● **What you have to do**
Up to and including the line that contains "prepend none xs = xs", repeat each line of the data exactly, starting from the first.

● **Collected data entries**
↓↓↓

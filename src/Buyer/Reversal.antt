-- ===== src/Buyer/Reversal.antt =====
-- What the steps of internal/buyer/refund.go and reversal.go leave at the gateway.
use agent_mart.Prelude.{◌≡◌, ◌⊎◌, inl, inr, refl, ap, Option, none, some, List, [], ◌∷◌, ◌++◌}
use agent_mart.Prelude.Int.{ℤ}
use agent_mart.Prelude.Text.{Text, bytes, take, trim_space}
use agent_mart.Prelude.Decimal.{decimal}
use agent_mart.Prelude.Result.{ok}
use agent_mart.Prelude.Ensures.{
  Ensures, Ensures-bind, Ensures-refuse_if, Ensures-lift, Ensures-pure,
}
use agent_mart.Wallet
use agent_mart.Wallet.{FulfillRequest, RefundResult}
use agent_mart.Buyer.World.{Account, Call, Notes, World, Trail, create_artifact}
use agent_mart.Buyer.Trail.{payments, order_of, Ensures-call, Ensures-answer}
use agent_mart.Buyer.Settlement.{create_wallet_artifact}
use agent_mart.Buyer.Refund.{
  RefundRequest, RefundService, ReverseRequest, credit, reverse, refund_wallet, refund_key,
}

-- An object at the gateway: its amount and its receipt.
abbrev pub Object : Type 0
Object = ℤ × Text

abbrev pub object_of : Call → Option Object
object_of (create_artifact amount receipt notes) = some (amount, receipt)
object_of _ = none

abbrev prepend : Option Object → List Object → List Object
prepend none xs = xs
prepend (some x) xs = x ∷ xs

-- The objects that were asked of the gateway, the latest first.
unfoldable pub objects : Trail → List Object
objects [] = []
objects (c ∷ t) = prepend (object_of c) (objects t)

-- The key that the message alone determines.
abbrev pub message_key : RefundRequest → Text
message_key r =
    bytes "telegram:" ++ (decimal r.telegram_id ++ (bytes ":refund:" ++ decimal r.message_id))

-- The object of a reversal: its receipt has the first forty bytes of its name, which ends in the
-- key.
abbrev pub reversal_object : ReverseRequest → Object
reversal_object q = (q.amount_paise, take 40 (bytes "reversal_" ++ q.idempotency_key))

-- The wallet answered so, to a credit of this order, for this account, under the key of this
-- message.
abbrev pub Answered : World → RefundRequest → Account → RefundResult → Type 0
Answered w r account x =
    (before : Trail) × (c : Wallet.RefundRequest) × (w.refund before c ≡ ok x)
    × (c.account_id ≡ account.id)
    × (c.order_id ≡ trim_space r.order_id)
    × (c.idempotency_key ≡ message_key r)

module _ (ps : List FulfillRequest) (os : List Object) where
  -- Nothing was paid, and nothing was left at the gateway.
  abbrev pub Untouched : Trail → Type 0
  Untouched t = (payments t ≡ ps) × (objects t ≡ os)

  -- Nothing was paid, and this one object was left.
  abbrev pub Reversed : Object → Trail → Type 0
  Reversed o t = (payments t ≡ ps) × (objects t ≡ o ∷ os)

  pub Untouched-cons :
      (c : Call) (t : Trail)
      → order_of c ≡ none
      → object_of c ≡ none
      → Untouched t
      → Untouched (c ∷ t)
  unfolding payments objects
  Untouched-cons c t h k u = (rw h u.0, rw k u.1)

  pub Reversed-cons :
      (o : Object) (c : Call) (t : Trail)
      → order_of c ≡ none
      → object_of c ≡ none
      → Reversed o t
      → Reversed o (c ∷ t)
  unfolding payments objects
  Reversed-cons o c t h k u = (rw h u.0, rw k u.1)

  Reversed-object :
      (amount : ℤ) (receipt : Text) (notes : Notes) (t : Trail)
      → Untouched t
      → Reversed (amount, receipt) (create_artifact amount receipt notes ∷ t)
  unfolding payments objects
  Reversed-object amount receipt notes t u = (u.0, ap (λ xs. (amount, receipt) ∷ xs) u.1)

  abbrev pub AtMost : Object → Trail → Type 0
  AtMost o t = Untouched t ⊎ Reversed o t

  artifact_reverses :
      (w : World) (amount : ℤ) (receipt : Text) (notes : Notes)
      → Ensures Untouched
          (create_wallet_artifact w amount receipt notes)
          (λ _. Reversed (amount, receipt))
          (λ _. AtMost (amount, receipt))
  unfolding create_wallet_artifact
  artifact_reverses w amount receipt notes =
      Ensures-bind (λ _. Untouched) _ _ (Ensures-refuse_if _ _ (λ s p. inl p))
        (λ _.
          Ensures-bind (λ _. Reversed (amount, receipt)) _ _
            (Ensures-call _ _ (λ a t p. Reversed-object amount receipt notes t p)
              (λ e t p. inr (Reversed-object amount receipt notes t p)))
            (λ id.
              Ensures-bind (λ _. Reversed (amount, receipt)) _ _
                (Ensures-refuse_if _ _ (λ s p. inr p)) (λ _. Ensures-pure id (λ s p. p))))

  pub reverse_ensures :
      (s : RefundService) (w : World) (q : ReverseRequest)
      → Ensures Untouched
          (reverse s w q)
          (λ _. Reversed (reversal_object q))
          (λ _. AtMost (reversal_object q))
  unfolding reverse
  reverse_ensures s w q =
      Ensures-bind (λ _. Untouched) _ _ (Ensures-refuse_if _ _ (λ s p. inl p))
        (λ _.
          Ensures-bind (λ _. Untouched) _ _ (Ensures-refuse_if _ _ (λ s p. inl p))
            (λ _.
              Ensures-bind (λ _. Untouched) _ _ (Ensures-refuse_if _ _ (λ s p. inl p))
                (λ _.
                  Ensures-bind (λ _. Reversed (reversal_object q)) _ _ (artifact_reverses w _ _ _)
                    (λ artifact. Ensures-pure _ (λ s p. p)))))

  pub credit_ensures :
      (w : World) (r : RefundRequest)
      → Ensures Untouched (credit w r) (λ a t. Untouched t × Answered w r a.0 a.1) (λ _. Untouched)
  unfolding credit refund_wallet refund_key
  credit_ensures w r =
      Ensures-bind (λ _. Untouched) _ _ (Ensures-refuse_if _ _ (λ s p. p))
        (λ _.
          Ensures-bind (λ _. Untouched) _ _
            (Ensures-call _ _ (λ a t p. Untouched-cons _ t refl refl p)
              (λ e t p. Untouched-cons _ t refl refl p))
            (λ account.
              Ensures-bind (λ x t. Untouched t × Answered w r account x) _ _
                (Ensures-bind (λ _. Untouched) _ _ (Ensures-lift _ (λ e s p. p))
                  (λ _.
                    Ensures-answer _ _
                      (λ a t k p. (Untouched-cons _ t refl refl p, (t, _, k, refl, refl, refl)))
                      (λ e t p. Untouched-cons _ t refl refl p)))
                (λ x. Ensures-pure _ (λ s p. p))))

↑↑↑

● **Output for this exercise**
filename src/Buyer/Reversal.antt
-- ===== src/Buyer/Reversal.antt =====
-- What the steps of internal/buyer/refund.go and reversal.go leave at the gateway.
use agent_mart.Prelude.{◌≡◌, ◌⊎◌, inl, inr, refl, ap, Option, none, some, List, [], ◌∷◌, ◌++◌}
use agent_mart.Prelude.Int.{ℤ}
use agent_mart.Prelude.Text.{Text, bytes, take, trim_space}
use agent_mart.Prelude.Decimal.{decimal}
use agent_mart.Prelude.Result.{ok}
use agent_mart.Prelude.Ensures.{
  Ensures, Ensures-bind, Ensures-refuse_if, Ensures-lift, Ensures-pure,
}
use agent_mart.Wallet
use agent_mart.Wallet.{FulfillRequest, RefundResult}
use agent_mart.Buyer.World.{Account, Call, Notes, World, Trail, create_artifact}
use agent_mart.Buyer.Trail.{payments, order_of, Ensures-call, Ensures-answer}
use agent_mart.Buyer.Settlement.{create_wallet_artifact}
use agent_mart.Buyer.Refund.{
  RefundRequest, RefundService, ReverseRequest, credit, reverse, refund_wallet, refund_key,
}

-- An object at the gateway: its amount and its receipt.
abbrev pub Object : Type 0
Object = ℤ × Text

abbrev pub object_of : Call → Option Object
object_of (create_artifact amount receipt notes) = some (amount, receipt)
object_of _ = none

abbrev prepend : Option Object → List Object → List Object
prepend none xs = xs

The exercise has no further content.